### Directions for this task
Nothing but an exact copy of the data should be output.

****************

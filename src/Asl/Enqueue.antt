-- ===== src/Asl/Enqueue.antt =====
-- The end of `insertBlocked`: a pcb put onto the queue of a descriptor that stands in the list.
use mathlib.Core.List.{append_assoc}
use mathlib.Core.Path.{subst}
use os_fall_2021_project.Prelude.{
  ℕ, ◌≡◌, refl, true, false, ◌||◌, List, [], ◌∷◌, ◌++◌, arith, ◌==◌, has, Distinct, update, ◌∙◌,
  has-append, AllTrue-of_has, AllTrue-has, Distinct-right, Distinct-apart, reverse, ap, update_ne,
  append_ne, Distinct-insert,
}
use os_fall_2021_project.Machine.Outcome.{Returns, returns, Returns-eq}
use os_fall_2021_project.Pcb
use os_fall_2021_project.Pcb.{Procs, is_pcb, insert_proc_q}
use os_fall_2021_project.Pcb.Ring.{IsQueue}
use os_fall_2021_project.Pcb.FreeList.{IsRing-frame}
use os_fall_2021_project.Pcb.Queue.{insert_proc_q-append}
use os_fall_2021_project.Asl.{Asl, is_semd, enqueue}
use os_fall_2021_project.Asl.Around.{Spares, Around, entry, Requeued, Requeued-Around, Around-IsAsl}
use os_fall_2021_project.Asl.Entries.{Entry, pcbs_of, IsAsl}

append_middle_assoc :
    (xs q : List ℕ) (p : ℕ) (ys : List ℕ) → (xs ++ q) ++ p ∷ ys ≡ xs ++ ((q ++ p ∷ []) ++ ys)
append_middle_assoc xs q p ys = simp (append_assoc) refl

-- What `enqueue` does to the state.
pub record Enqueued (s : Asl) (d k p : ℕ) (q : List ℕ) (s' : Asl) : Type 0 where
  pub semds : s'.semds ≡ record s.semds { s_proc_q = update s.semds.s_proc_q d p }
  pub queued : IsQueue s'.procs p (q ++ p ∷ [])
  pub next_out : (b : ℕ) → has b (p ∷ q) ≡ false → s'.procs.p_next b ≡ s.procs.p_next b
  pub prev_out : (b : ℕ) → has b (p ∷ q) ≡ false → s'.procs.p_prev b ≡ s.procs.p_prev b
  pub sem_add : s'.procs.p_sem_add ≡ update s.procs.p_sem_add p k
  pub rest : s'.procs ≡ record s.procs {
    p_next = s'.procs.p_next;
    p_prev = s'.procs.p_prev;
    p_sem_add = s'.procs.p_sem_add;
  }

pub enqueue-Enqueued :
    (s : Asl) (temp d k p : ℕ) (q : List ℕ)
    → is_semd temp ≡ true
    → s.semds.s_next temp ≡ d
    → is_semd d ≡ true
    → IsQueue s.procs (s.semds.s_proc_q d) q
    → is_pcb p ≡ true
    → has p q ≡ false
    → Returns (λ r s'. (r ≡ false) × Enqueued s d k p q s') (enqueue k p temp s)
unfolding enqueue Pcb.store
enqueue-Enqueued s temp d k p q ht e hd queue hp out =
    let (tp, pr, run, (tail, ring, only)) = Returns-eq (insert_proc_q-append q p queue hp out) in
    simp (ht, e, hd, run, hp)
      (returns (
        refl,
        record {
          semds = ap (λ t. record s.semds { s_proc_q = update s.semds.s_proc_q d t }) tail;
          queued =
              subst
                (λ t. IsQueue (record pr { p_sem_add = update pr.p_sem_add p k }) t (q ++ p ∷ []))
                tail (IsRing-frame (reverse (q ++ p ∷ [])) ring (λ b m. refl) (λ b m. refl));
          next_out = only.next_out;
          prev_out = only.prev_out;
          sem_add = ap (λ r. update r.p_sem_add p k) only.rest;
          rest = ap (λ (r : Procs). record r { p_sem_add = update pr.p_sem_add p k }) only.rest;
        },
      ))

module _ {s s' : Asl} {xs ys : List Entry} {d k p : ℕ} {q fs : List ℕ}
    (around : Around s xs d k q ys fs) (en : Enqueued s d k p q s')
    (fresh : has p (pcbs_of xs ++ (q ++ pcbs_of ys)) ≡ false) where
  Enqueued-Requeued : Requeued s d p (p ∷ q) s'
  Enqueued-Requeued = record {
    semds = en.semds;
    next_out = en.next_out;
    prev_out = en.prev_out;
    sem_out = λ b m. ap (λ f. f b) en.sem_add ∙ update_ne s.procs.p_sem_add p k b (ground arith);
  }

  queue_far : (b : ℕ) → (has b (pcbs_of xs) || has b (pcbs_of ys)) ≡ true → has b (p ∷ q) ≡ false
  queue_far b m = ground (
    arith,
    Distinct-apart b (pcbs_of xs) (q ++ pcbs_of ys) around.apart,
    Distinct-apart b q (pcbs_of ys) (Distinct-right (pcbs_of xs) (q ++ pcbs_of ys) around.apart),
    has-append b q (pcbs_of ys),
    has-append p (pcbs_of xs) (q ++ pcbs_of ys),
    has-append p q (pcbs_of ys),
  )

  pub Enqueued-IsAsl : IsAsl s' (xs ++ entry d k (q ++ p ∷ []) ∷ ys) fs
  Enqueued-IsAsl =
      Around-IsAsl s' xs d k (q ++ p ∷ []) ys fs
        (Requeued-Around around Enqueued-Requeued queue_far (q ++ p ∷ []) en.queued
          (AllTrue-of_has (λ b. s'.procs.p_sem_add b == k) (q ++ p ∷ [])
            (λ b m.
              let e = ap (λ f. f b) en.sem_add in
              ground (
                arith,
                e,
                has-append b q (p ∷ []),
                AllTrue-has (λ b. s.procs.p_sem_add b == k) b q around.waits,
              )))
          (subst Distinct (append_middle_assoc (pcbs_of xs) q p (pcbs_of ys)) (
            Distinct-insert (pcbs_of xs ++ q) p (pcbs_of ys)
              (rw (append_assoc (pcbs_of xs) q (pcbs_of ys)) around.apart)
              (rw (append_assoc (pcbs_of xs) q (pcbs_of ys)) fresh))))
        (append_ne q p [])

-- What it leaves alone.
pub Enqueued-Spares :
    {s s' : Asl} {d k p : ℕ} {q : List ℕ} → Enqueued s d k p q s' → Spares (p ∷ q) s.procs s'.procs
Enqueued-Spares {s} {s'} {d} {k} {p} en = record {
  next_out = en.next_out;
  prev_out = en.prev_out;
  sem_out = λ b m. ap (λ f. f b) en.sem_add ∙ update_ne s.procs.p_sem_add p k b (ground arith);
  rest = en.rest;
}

****************

### Written response
filename src/Asl/Enqueue.antt
-- ===== src/Asl/Enqueue.antt =====
-- The end of `insertBlocked`: a pcb put onto the queue of a descriptor that stands in the list.
use mathlib.Core.List.{append_assoc}
use mathlib.Core.Path.{subst}
use os_fall_2021_project.Prelude.{
  ℕ, ◌≡◌, refl, true, false, ◌||◌, List, [], ◌∷◌, ◌++◌, arith, ◌==◌, has, Distinct, update, ◌∙◌,
  has-append, AllTrue-of_has, AllTrue-has, Distinct-right, Distinct-apart, reverse, ap, update_ne,
  append_ne, Distinct-insert,
}
use os_fall_2021_project.Machine.Outcome.{Returns, returns, Returns-eq}
use os_fall_2021_project.Pcb
use os_fall_2021_project.Pcb.{Procs, is_pcb, insert_proc_q}
use os_fall_2021_project.Pcb.Ring.{IsQueue}
use os_fall_2021_project.Pcb.FreeList.{IsRing-frame}
use os_fall_2021_project.Pcb.Queue.{insert_proc_q-append}
use os_fall_2021_project.Asl.{Asl, is_semd, enqueue}
use os_fall_2021_project.Asl.Around.{Spares, Around, entry, Requeued, Requeued-Around, Around-IsAsl}
use os_fall_2021_project.Asl.Entries.{Entry, pcbs_of, IsAsl}

append_middle_assoc :
    (xs q : List ℕ) (p : ℕ) (ys : List ℕ) → (xs ++ q) ++ p ∷ ys ≡ xs ++ ((q ++ p ∷ []) ++ ys)
append_middle_assoc xs q p ys = simp (append_assoc) refl

-- What `enqueue` does to the state.
pub record Enqueued (s : Asl) (d k p : ℕ) (q : List ℕ) (s' : Asl) : Type 0 where
  pub semds : s'.semds ≡ record s.semds { s_proc_q = update s.semds.s_proc_q d p }
  pub queued : IsQueue s'.procs p (q ++ p ∷ [])
  pub next_out : (b : ℕ) → has b (p ∷ q) ≡ false → s'.procs.p_next b ≡ s.procs.p_next b
  pub prev_out : (b : ℕ) → has b (p ∷ q) ≡ false → s'.procs.p_prev b ≡ s.procs.p_prev b
  pub sem_add : s'.procs.p_sem_add ≡ update s.procs.p_sem_add p k
  pub rest : s'.procs ≡ record s.procs {
    p_next = s'.procs.p_next;
    p_prev = s'.procs.p_prev;
    p_sem_add = s'.procs.p_sem_add;
  }

pub enqueue-Enqueued :
    (s : Asl) (temp d k p : ℕ) (q : List ℕ)
    → is_semd temp ≡ true
    → s.semds.s_next temp ≡ d
    → is_semd d ≡ true
    → IsQueue s.procs (s.semds.s_proc_q d) q
    → is_pcb p ≡ true
    → has p q ≡ false
    → Returns (λ r s'. (r ≡ false) × Enqueued s d k p q s') (enqueue k p temp s)
unfolding enqueue Pcb.store
enqueue-Enqueued s temp d k p q ht e hd queue hp out =
    let (tp, pr, run, (tail, ring, only)) = Returns-eq (insert_proc_q-append q p queue hp out) in
    simp (ht, e, hd, run, hp)
      (returns (
        refl,
        record {
          semds = ap (λ t. record s.semds { s_proc_q = update s.semds.s_proc_q d t }) tail;
          queued =
              subst
                (λ t. IsQueue (record pr { p_sem_add = update pr.p_sem_add p k }) t (q ++ p ∷ []))
                tail (IsRing-frame (reverse (q ++ p ∷ [])) ring (λ b m. refl) (λ b m. refl));
          next_out = only.next_out;
          prev_out = only.prev_out;
          sem_add = ap (λ r. update r.p_sem_add p k) only.rest;
          rest = ap (λ (r : Procs). record r { p_sem_add = update pr.p_sem_add p k }) only.rest;
        },
      ))

module _ {s s' : Asl} {xs ys : List Entry} {d k p : ℕ} {q fs : List ℕ}
    (around : Around s xs d k q ys fs) (en : Enqueued s d k p q s')
    (fresh : has p (pcbs_of xs ++ (q ++ pcbs_of ys)) ≡ false) where
  Enqueued-Requeued : Requeued s d p (p ∷ q) s'
  Enqueued-Requeued = record {
    semds = en.semds;
    next_out = en.next_out;
    prev_out = en.prev_out;
    sem_out = λ b m. ap (λ f. f b) en.sem_add ∙ update_ne s.procs.p_sem_add p k b (ground arith);
  }

  queue_far : (b : ℕ) → (has b (pcbs_of xs) || has b (pcbs_of ys)) ≡ true → has b (p ∷ q) ≡ false
  queue_far b m = ground (
    arith,
    Distinct-apart b (pcbs_of xs) (q ++ pcbs_of ys) around.apart,
    Distinct-apart b q (pcbs_of ys) (Distinct-right (pcbs_of xs) (q ++ pcbs_of ys) around.apart),
    has-append b q (pcbs_of ys),
    has-append p (pcbs_of xs) (q ++ pcbs_of ys),
    has-append p q (pcbs_of ys),
  )

  pub Enqueued-IsAsl : IsAsl s' (xs ++ entry d k (q ++ p ∷ []) ∷ ys) fs
  Enqueued-IsAsl =
      Around-IsAsl s' xs d k (q ++ p ∷ []) ys fs
        (Requeued-Around around Enqueued-Requeued queue_far (q ++ p ∷ []) en.queued
          (AllTrue-of_has (λ b. s'.procs.p_sem_add b == k) (q ++ p ∷ [])
            (λ b m.
              let e = ap (λ f. f b) en.sem_add in
              ground (
                arith,
                e,
                has-append b q (p ∷ []),
                AllTrue-has (λ b. s.procs.p_sem_add b == k) b q around.waits,
              )))
          (subst Distinct (append_middle_assoc (pcbs_of xs) q p (pcbs_of ys)) (
            Distinct-insert (pcbs_of xs ++ q) p (pcbs_of ys)
              (rw (append_assoc (pcbs_of xs) q (pcbs_of ys)) around.apart)
              (rw (append_assoc (pcbs_of xs) q (pcbs_of ys)) fresh))))
        (append_ne q p [])

-- What it leaves alone.
pub Enqueued-Spares :
    {s s' : Asl} {d k p : ℕ} {q : List ℕ} → Enqueued s d k p q s' → Spares (p ∷ q) s.procs s'.procs
Enqueued-Spares {s} {s'} {d} {k} {p} en = record {
  next_out = en.next_out;
  prev_out = en.prev_out;
  sem_out = λ b m. ap (λ f. f b) en.sem_add ∙ update_ne s.procs.p_sem_add p k b (ground arith);
  rest = en.rest;
}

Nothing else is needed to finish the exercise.